The first phase, which the grid operators hope to have implemented by Dec. 1, would include JOA changes to better model the impacts of firm-flow entitlements before the day-ahead dispatch is modeled. This will allow day-ahead LMPs for pseudo-tied resources to more accurately reflect expected real-time congestion. The balancing authority receiving the power will receive credit for the flow from the generation unit to the border, while the source balancing authority will model its impacts as loop flows.
“We think it’s a major step and will remove most of the overlap,” Horger said.
The second phase will allow for mitigating day-ahead charges either through refunds or virtual transactions to align transmission usage charges with available financial transmission rights hedges.
The RTOs plan to file JOA changes implementing market-to-market adjustments in September, with implementation of the phase one solution by the end of December. Dec. 1 is the target date for filing additional JOA and tariff changes. Phase two is scheduled for implementation by June 1, 2018.
Freeze Date Update
The grid operators have been using an April 1, 2004, “freeze date” to determine firm rights on flowgates, but issues with that date have “become prominent” over time, the RTOs said. They have developed a two-phase alternative that would be in place by June 1, 2019, MISO’s Ron Arness explained.
The changes would affect designated network resources that came on after the freeze date, which currently are dispatched on a pro rata basis. The new rules would eliminate the pro rata allocation and have them dispatched in the order of their service date.
They also affect “freeze date” transmission service requests, which currently are treated as net imports or exports based on the local balancing authority. The new rules would provide “gross accounting” for imports and exports — generation-to-load LBA calculations would not include generation sourcing TSRs or load served by TSRs — with adjustments that will make the TSR sensitivity factors align with market flow sensitivity factors.
The RTOs plan to complete a whitepaper on the issue by next spring with implementation of phase one in the summer.
Targeted Market Efficiency Projects
PJM’s Chuck Liebold said there has been no targeted market efficiency project (TMEP) study in 2017 because the RTOs are awaiting FERC approval of regional cost allocations for the new category. MISO filed for regional allocation Aug. 4 (ER17-2246), and PJM filed its allocation on April 11 (ER17-1406).
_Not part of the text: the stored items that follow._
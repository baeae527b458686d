-- ===== src/Diff/Totals.antt =====
-- src/core/diff.rs: what the summary and the state of a comparison say of its changes.
use mathlib.Core.Path.{◌≡◌, refl, sym, subst}
use mathlib.Core.Logic.{◌↔◌}
use native.Mathlib.Omega.{arith}
use backupsage.Base.{ℕ, ◌+◌, Bool, true, false, List, [], ◌∷◌, length, count, if◌then◌else◌, ok}
use backupsage.Diff.Types.{
  SnapshotState, complete, Snapshot, ChangeKind, added, removed, moved, byte_identical,
  metadata_only_changed, content_changed, inconclusive, Change, Summary, DiffReport,
}
use backupsage.Diff.Report.{
  compare, report_of, summarise, note_kind, no_changes, comparison_state_of, both_compatible,
}
use backupsage.Diff.Runs.{compare-Run}

abbrev pub same_kind : ChangeKind → ChangeKind → Bool
same_kind added added = true
same_kind removed removed = true
same_kind moved moved = true
same_kind byte_identical byte_identical = true
same_kind metadata_only_changed metadata_only_changed = true
same_kind content_changed content_changed = true
same_kind inconclusive inconclusive = true
same_kind _ _ = false

-- The field of the summary that stands for a kind of change.
abbrev pub counter : ChangeKind → Summary → ℕ
counter added s = s.added
counter removed s = s.removed
counter moved s = s.moved
counter byte_identical s = s.byte_identical
counter metadata_only_changed s = s.metadata_only_changed
counter content_changed s = s.content_changed
counter inconclusive s = s.inconclusive

counter-note_kind :
    (k j : ChangeKind) (s : Summary)
    → counter k (note_kind j s) ≡ counter k s + (if same_kind k j then 1 else 0)
counter-note_kind k j s = ground arith

counter-summarise :
    (k : ChangeKind) (s : Summary) (changes : List Change)
    → counter k (summarise s changes) ≡ counter k s + count (λ c. same_kind k c.kind) changes
unfolding summarise
counter-summarise k s [] = omega arith
counter-summarise k s (c ∷ changes) =
    ground (arith, counter-summarise k (note_kind c.kind s) changes, counter-note_kind k c.kind s)

excluded-note_kind : (k : ChangeKind) (s : Summary) → (note_kind k s).excluded ≡ s.excluded
excluded-note_kind k s = ground arith

excluded-summarise :
    (s : Summary) (changes : List Change) → (summarise s changes).excluded ≡ s.excluded
unfolding summarise
excluded-summarise s [] = refl
excluded-summarise s (c ∷ changes) =
    ground (arith, excluded-summarise (note_kind c.kind s) changes, excluded-note_kind c.kind s)

-- For every comparison that gives a report, and for every kind of change, the counter of the
-- summary is the number of reported changes of that kind, and `excluded` is the number of
-- reported exclusions.
pub summary_counts :
    (old new : Snapshot) (r : DiffReport) (k : ChangeKind)
    → compare old new ≡ ok r
    → (counter k r.summary ≡ count (λ c. same_kind k c.kind) r.changes)
      × (r.summary.excluded ≡ length r.excluded)
unfolding report_of
summary_counts old new r k e =
    let run = compare-Run old new r e in
    subst
      (λ x.
        (counter k x.summary ≡ count (λ c. same_kind k c.kind) x.changes)
        × (x.summary.excluded ≡ length x.excluded))
      (sym run.is_report)
      (
        counter-of_none k (length run.exclusions) run.changes,
        excluded-summarise (no_changes (length run.exclusions)) run.changes,
      )
  where
    counter-of_none :
        (k : ChangeKind) (n : ℕ) (changes : List Change)
        → counter k (summarise (no_changes n) changes) ≡ count (λ c. same_kind k c.kind) changes
    counter-of_none k n changes = ground (arith, counter-summarise k (no_changes n) changes)

state-complete :
    (a b : SnapshotState) (c : Bool) (n : ℕ)
    → (comparison_state_of a b c n ≡ complete)
      ↔ ((a ≡ complete) × (b ≡ complete) × (c ≡ true) × (n ≡ 0))
unfolding comparison_state_of
state-complete a b c n = ground arith

-- A comparison reports the state `complete` exactly when both snapshots are complete, they are
-- compatible, and no reported change is inconclusive.
pub compare_complete_iff :
    (old new : Snapshot) (r : DiffReport)
    → compare old new ≡ ok r
    → (r.comparison_state ≡ complete) ↔ (
        (old.info.state ≡ complete)
        × (new.info.state ≡ complete)
        × (both_compatible old new ≡ true)
        × (count (λ c. same_kind inconclusive c.kind) r.changes ≡ 0))
unfolding report_of
compare_complete_iff old new r e =
    let run = compare-Run old new r e in
    let counts = summary_counts old new r inconclusive e in
    rw (sym counts.0) (
      subst
        (λ x. (x.comparison_state ≡ complete) ↔ (
          (old.info.state ≡ complete)
          × (new.info.state ≡ complete)
          × (both_compatible old new ≡ true)
          × (x.summary.inconclusive ≡ 0)))
        (sym run.is_report)
        (state-complete old.info.state new.info.state (both_compatible old new) _))
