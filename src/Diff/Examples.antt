-- ===== src/Diff/Examples.antt =====
-- Two small snapshots and their comparison.
use backupsage.Base.{
  ◌≡◌, refl, ◌↔◌, ℕ, true, none, some, [], ◌∷◌, length, count, All, ok, ok-of_is_ok,
}
use backupsage.Base.Int.{pos}
use backupsage.Base.Order.{int_ord, list_ord, compare_list, nat_ord}
use backupsage.Base.SortedMap.{lookup, upsert}
use backupsage.Store.Flags
use backupsage.Legacy.{name_uncertain}
use backupsage.Diff.Rows.{trusted_hash}
use backupsage.Diff.Compare.{
  visible, visible_from, excluded_of, is_shadowed, unique_hashes, by_hash,
}
use backupsage.Diff.Types.{
  complete, SnapshotInfo, stat_matches, file, Entry, Snapshot, moved, inconclusive, DiffReport,
}
use backupsage.Diff.Report.{compare, both_compatible}
use backupsage.Diff.Totals.{same_kind, counter, summary_counts, compare_complete_iff}
use backupsage.Diff.Shown.{IsShown}
use backupsage.Diff.Evidence.{compare-IsShown}

abbrev entry : ℕ → ℕ → ℕ → Entry
entry id path hash = record {
  file_id = pos id;
  path = path ∷ [];
  entry_type = file;
  link_target = none;
  size = 5;
  mtime_unix = some (pos 100);
  mode = some 420;
  content_hash = some (hash ∷ []);
  flags = 0;
  kind = some "text";
}

abbrev info : SnapshotInfo
info = record {
  index_uuid = some "u";
  schema_version = some (pos 3);
  hash_algo = some "blake3";
  state = complete;
  source_currency = stat_matches;
}

-- `a` stays, `b` moves to `d`, and `c` goes.
abbrev pub earlier : Snapshot
earlier = record { info = info; entries = entry 1 97 1 ∷ entry 2 98 2 ∷ entry 3 99 3 ∷ [] }

abbrev pub later : Snapshot
later = record { info = info; entries = entry 1 97 1 ∷ entry 2 100 2 ∷ [] }

pub compared : (r : DiffReport) × (compare earlier later ≡ ok r)
unfolding compare visible visible_from int_ord lookup upsert excluded_of is_shadowed name_uncertain
    Flags.has list_ord compare_list nat_ord unique_hashes trusted_hash by_hash
compared = ok-of_is_ok (compare earlier later) refl

compare-IsShown_example : All (λ c. IsShown earlier later c c.kind) compared.0.changes
compare-IsShown_example = compare-IsShown earlier later compared.0 compared.1

compare_complete_iff_example : (compared.0.comparison_state ≡ complete) ↔ (
    (earlier.info.state ≡ complete)
    × (later.info.state ≡ complete)
    × (both_compatible earlier later ≡ true)
    × (count (λ c. same_kind inconclusive c.kind) compared.0.changes ≡ 0))
compare_complete_iff_example = compare_complete_iff earlier later compared.0 compared.1

summary_counts_example :
    (counter moved compared.0.summary ≡ count (λ c. same_kind moved c.kind) compared.0.changes)
    × (compared.0.summary.excluded ≡ length compared.0.excluded)
summary_counts_example = summary_counts earlier later compared.0 moved compared.1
Commission staff tentatively approved the TMEP category in a delegated order in June but said the decision was subject to review by the commission once it regained the quorum it lost in February (ER17-721). (See FERC Tentatively OKs New MISO-PJM Project Type.)
The TMEP proposals are designed to be quick, inexpensive fixes to address historical congestion. Five projects have been identified so far. At an estimated cost of $17.5 million, they are expected to create $99.6 million in benefits.
The RTOs are waiting on FERC approval before submitting the project recommendations to their boards. The benefit allocation for three of the five projects leans heavily toward PJM, with 88% of the $7 million Burnham-Munster project, 89% of the $1 million Bayshore-Monroe project and 90% of the $4.6 million Michigan City-Bosserman project. MISO shoulders most of the allocation on the other two, with 59% of the $150,000 Reynolds-Magnetation project and 76% of the $4.5 million Roxana-Praxair line.
Two-Year System Plan Study
The RTOs have completed regional benefits analysis for the eight interregional projects that were proposed for the solicitation that ended Feb. 28. Only one project — Northern Indiana Public Service Co.’s proposed new line between its Thayer and Morrison 138-kV substations in northwestern Indiana — is expected to provide more benefits than costs. (See 1 of 8 MISO-PJM Proposals Pass Initial Test.)
Liebold said the cost-benefit was not the only factor in recommending projects, but “for a project to be promising, you would expect to see benefits above costs.”
The RTOs will make recommendations to their respective boards on the proposals around November or December.